For clients, the process depends on whether the player is a [computer](player/computer) or [human](player/human). For a human player, you can either use the WASM client on [my website](https://binarysky.ai/monai-player) or compile and run locally. The WASM client uses wasm-bindgen and the index.html present in the [human's directory](player/human/src/index.html). To run locally, use the same process as the server.
```sh
cd player/human
cargo run
```
From there, you should be able to enter a player name, the authorization code, and the address and port of the board (e.g. 127.0.0.1:1095).

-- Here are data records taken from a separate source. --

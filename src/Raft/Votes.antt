-- ===== src/Raft/Votes.antt =====
-- Terms and votes of one node, along every interleaving of its threads.
use veri_store.Common.{
  ℕ, ◌+◌, ◌<◌, ◌≡◌, refl, ◌⊎◌, inl, inr, true, none, some, arith, if_intro, Bool-cases, length, ◌∙◌,
  ltb→lt, ltb, if◌then◌else◌,
}
use veri_store.Raft.Types.{
  RaftNode, set_index, RequestVoteReq, RequestVoteResp, AppendEntriesResp, AppendEntriesReq, Env,
  LogEntry,
}
use veri_store.Raft.Node.{become_follower, become_candidate, become_leader, advance_commit_index}
use veri_store.Raft.Rpc.{
  decide_vote, on_request_vote, accept_leader, check_and_store, on_append_entries,
}
use veri_store.Raft.Propose.{append_own}
use veri_store.Raft.Loops.{is_nil, on_append_success, on_append_failure, apply_round, applied}
use veri_store.Raft.Steps.{
  Step, Reach, here, next, vote, append, candidacy, leadership, step_down, own, success, failure,
  apply,
}

-- The term grows, or it stays and a vote that was given stays.
abbrev pub KeepsVote : RaftNode → RaftNode → Type 0
KeepsVote n m =
    (n.current_term < m.current_term)
    ⊎ ((n.current_term ≡ m.current_term) × ((c : ℕ) → n.voted_for ≡ some c → m.voted_for ≡ some c))

abbrev SameVote : RaftNode → RaftNode → Type 0
SameVote n m = (n.current_term ≡ m.current_term) × (n.voted_for ≡ m.voted_for)

SameVote-keeps : (n m : RaftNode) → SameVote n m → KeepsVote n m
SameVote-keeps n m h = inr (h.0, λ c e. ground (arith, h.1))

decide_vote-term :
    (env : Env) (n : RaftNode) (req : RequestVoteReq)
    → (decide_vote env n req).0.current_term ≡ n.current_term
unfolding decide_vote
decide_vote-term env n req = ground arith

decide_vote-keeps :
    (env : Env) (n : RaftNode) (req : RequestVoteReq) → KeepsVote n (decide_vote env n req).0
unfolding decide_vote
decide_vote-keeps env n req = inr (ground arith, λ c e. ground arith)

on_request_vote-keeps :
    (env : Env) (n : RaftNode) (req : RequestVoteReq) → KeepsVote n (on_request_vote env n req).0
unfolding on_request_vote
on_request_vote-keeps env n req =
    if_intro (λ (r : RaftNode × RequestVoteResp). KeepsVote n r.0) (ltb req.term n.current_term)
      (λ _. inr (refl, λ c e. e))
      λ _.
        if_intro (λ (r : RaftNode × RequestVoteResp). KeepsVote n r.0) (ltb n.current_term req.term)
          (λ lt. inl (
            unfold become_follower in
            ground (arith, decide_vote-term env (become_follower env req.term none n) req)))
          (λ _. decide_vote-keeps env n req)

check_and_store-vote :
    (n : RaftNode) (req : AppendEntriesReq) → SameVote n (check_and_store n req).0
unfolding check_and_store
check_and_store-vote n req = ground arith

accept_leader-keeps :
    (env : Env) (n : RaftNode) (req : AppendEntriesReq) → KeepsVote n (accept_leader env n req)
unfolding accept_leader
accept_leader-keeps env n req =
    if_intro (KeepsVote n) (ltb n.current_term req.term) (λ lt. inl (ltb→lt _ _ lt))
      (λ _. inr (refl, λ c e. e))

KeepsVote-trans : (n m k : RaftNode) → KeepsVote n m → KeepsVote m k → KeepsVote n k
KeepsVote-trans n m k (inl p) (inl q) = inl (omega arith)
KeepsVote-trans n m k (inl p) (inr (e, f)) = inl (omega arith)
KeepsVote-trans n m k (inr (e, f)) (inl q) = inl (omega arith)
KeepsVote-trans n m k (inr (e, f)) (inr (e', f')) = inr (omega arith, λ c h. f' c (f c h))

on_append_entries-keeps :
    (env : Env) (n : RaftNode) (req : AppendEntriesReq)
    → KeepsVote n (on_append_entries env n req).0
unfolding on_append_entries
on_append_entries-keeps env n req =
    if_intro (λ (r : RaftNode × AppendEntriesResp). KeepsVote n r.0) (ltb req.term n.current_term)
      (λ _. inr (refl, λ c e. e))
      λ _.
        let accepted = accept_leader env n req in
        KeepsVote-trans n accepted (check_and_store accepted req).0 (accept_leader-keeps env n req)
          (SameVote-keeps accepted (check_and_store accepted req).0
            (check_and_store-vote accepted req))

advance-vote : (n : RaftNode) → SameVote n (advance_commit_index n)
unfolding advance_commit_index
advance-vote n = if_intro (SameVote n) _ (λ _. (refl, refl)) (λ _. (refl, refl))

on_append_success-vote :
    (p : ℕ) (req : AppendEntriesReq) (n : RaftNode) → SameVote n (on_append_success p req n)
unfolding on_append_success
on_append_success-vote p req n =
    let recorded : RaftNode = if is_nil req.entries then n else record n {
      match_index = set_index p (req.prev_log_index + length req.entries) n.match_index;
      next_index = set_index p (req.prev_log_index + length req.entries + 1) n.next_index;
    } in
    let same : SameVote n recorded =
      if_intro (SameVote n) _ (λ _. (refl, refl)) (λ _. (refl, refl)) in
    let kept : SameVote recorded (advance_commit_index recorded) = advance-vote recorded in
    (same.0 ∙ kept.0, same.1 ∙ kept.1)

apply_round-vote :
    (n : RaftNode) {e : LogEntry} {m : RaftNode} → apply_round n ≡ applied e m → SameVote n m
unfolding apply_round
apply_round-vote n h = ground arith

Step-KeepsVote : {n m : RaftNode} → Step n m → KeepsVote n m
unfolding become_candidate become_leader append_own on_append_failure become_follower
Step-KeepsVote {n} (vote env req) = on_request_vote-keeps env n req
Step-KeepsVote {n} (append env req) = on_append_entries-keeps env n req
Step-KeepsVote {n} (candidacy env small) = inl (omega arith)
Step-KeepsVote leadership = inr (refl, λ c e. e)
Step-KeepsVote (step_down env t lt) = inl lt
Step-KeepsVote (own op key value) = inr (refl, λ c e. e)
Step-KeepsVote {n} (success p req) =
    SameVote-keeps n (on_append_success p req n) (on_append_success-vote p req n)
Step-KeepsVote (failure p) = inr (refl, λ c e. e)
Step-KeepsVote {n} (apply {m} e) = SameVote-keeps n m (apply_round-vote n e)

-- Along any interleaving of steps the term never falls, and within one term a vote that was given
-- stays.
pub Reach-KeepsVote : {n m : RaftNode} → Reach n m → KeepsVote n m
Reach-KeepsVote here = inr (refl, λ c e. e)
Reach-KeepsVote {n} (next {m} {k} r s) =
    KeepsVote-trans n m k (Reach-KeepsVote r) (Step-KeepsVote s)

-- A granted vote: the reply's term is the request's and the node's, and the node voted for the
-- candidate.
pub granted-voted :
    (env : Env) (n : RaftNode) (req : RequestVoteReq)
    → (on_request_vote env n req).1.vote_granted ≡ true
    → ((on_request_vote env n req).0.voted_for ≡ some req.candidate_id)
      × ((on_request_vote env n req).0.current_term ≡ req.term)
      × ((on_request_vote env n req).1.term ≡ req.term)
unfolding on_request_vote
granted-voted env n req h = ground arith

granted-free :
    (env : Env) (n : RaftNode) (req : RequestVoteReq)
    → (on_request_vote env n req).1.vote_granted ≡ true
    → (n.current_term < req.term)
      ⊎ ((n.current_term ≡ req.term) × ((c : ℕ) → n.voted_for ≡ some c → c ≡ req.candidate_id))
granted-free env n req h = elim (Bool-cases (ltb n.current_term req.term)) [
  | inl lt ↦ inl (ltb→lt _ _ lt)
  | inr ge ↦
      inr (unfold on_request_vote in ground arith, λ c e. unfold on_request_vote in ground arith)
]

-- A node grants its vote to one candidate at most in each term: of two requests of one term that it
-- grants, with any steps in between, both name the same candidate.
pub one_vote_per_term :
    (env env' : Env) (req req' : RequestVoteReq) (n : RaftNode) {m : RaftNode}
    → (on_request_vote env n req).1.vote_granted ≡ true
    → Reach (on_request_vote env n req).0 m
    → (on_request_vote env' m req').1.vote_granted ≡ true
    → req.term ≡ req'.term
    → req.candidate_id ≡ req'.candidate_id
one_vote_per_term env env' req req' n {m} g r g' e =
    let (voted, at_term, _) = granted-voted env n req g in
    elim (Reach-KeepsVote r) [
      | inl lt ↦ elim (granted-free env' m req' g') [
        | inl lt' ↦ absurd (omega arith)
        | inr (e', _) ↦ absurd (omega arith)
      ]
      | inr (e', keeps) ↦ elim (granted-free env' m req' g') [
        | inl lt' ↦ absurd (omega arith)
        | inr (_, free) ↦ free req.candidate_id (keeps req.candidate_id voted)
      ]
    ]
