-- ===== src/Raft/Transport.antt =====
-- include/kv/raft_transport.h and src/raft_transport.cpp: the transport between the nodes of one process.
-- A node lies in the heap at an address; the transport maps ids to addresses.
use veri_store.Common.{
  ℕ, ◌≡◌, sym, ap, ◌∙◌, Bool, true, false, ◌&&◌, Option, none, some, [], ◌∷◌, ◌==◌, if◌then◌else◌,
  arith, Option-cases, inl, inr,
}
use veri_store.Raft.Types.{
  RaftNode, RequestVoteReq, RequestVoteResp, AppendEntriesReq, AppendEntriesResp, Env, IndexMap,
  index_of, set_index,
}
use veri_store.Raft.Rpc.{on_request_vote, on_append_entries}
use veri_store.Raft.Votes.{granted-voted}

abbrev pub Heap : Type 0
Heap = ℕ → RaftNode

pub record InProcessTransport : Type 0 where
  pub nodes : IndexMap

-- A handler's change of the node that it runs on.
abbrev pub write_node : ℕ → RaftNode → Heap → Heap
write_node address n heap a = if a == address then n else heap a

unfoldable pub register : ℕ → Heap → InProcessTransport → InProcessTransport
unfolding set_index
register address heap t = record { nodes = set_index (heap address).id address t.nodes }

abbrev remove : ℕ → IndexMap → IndexMap
remove id [] = []
remove id ((j, a) ∷ m) = let rest = remove id m in if j == id then rest else (j, a) ∷ rest

unfoldable pub unregister : ℕ → InProcessTransport → InProcessTransport
unregister id t = record { nodes = remove id t.nodes }

abbrev vote_at : Env → RequestVoteReq → Heap → Option ℕ → Heap × RequestVoteResp
vote_at env req heap none = (heap, record { term = req.term; vote_granted = false })
vote_at env req heap (some address) =
    let answer = on_request_vote env (heap address) req in
    (write_node address answer.0 heap, answer.1)

unfoldable pub request_vote :
    Env → ℕ → RequestVoteReq → InProcessTransport → Heap → Heap × RequestVoteResp
unfolding on_request_vote index_of
request_vote env peer_id req t heap = vote_at env req heap (index_of peer_id t.nodes)

abbrev append_at : Env → AppendEntriesReq → Heap → Option ℕ → Heap × AppendEntriesResp
append_at env req heap none = (heap, record { term = req.term; success = false })
append_at env req heap (some address) =
    let answer = on_append_entries env (heap address) req in
    (write_node address answer.0 heap, answer.1)

unfoldable pub append_entries :
    Env → ℕ → AppendEntriesReq → InProcessTransport → Heap → Heap × AppendEntriesResp
unfolding on_append_entries index_of
append_entries env peer_id req t heap = append_at env req heap (index_of peer_id t.nodes)

abbrev is_vote : ℕ → Option ℕ → Bool
is_vote id none = false
is_vote id (some v) = v == id

-- Behind its handler's run on the request, a node has voted for the candidate in the request's term.
abbrev pub votes_for : RequestVoteReq → RaftNode → Bool
votes_for req n = is_vote req.candidate_id n.voted_for && n.current_term == req.term

-- The same of a peer, if the transport knows its node.
abbrev pub peer_votes : Env → RequestVoteReq → Heap → Option ℕ → Bool
peer_votes env req heap none = false
peer_votes env req heap (some address) = votes_for req (on_request_vote env (heap address) req).0

abbrev pub has_voted : Env → RequestVoteReq → InProcessTransport → Heap → ℕ → Bool
has_voted env req t heap p = peer_votes env req heap (index_of p t.nodes)

-- Only a peer that is registered, and has voted for the candidate, grants its vote.
pub request_vote-has_voted :
    (env : Env) (p : ℕ) (req : RequestVoteReq) (t : InProcessTransport) (heap : Heap)
    → (request_vote env p req t heap).1.vote_granted ≡ true
    → has_voted env req t heap p ≡ true
unfolding request_vote
request_vote-has_voted env p req t heap g = elim (Option-cases (index_of p t.nodes)) [
  | inl e ↦ absurd (ground (arith, g, ap (λ o. (vote_at env req heap o).1.vote_granted) e))
  | inr (a, e) ↦
      let granted = ap (λ o. (vote_at env req heap o).1.vote_granted) (sym e) ∙ g in
      let (voted, at_term, _) = granted-voted env (heap a) req granted in
      rw e (ground (arith, voted, at_term))
]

If you want to use the AI, you need to supply command-line arguments. The AI is headless, so no GUI will be present while running/training. It uses a DDQN for reinforcement learning. For settings with the model itself (like the shape, epsilon, optimizer, etc), check [model.rs](player/computer/src/model.rs). To run it, you have to give cargo a few arguments.
```sh
cd player/computer
cargo run -- SERVER CODE NAME NPZ
```
For example, `cargo run -- 127.0.0.1:1095 MONAI Bot1 models/Bot1.npz` would connect a bot player to our localhosted server named Bot1 using Bot1.npz. Some primitive models have been supplied in the repository. At the moment, the model is hardcoded to support a 40 tile board with 4 players, but you can expand this by changing the const values.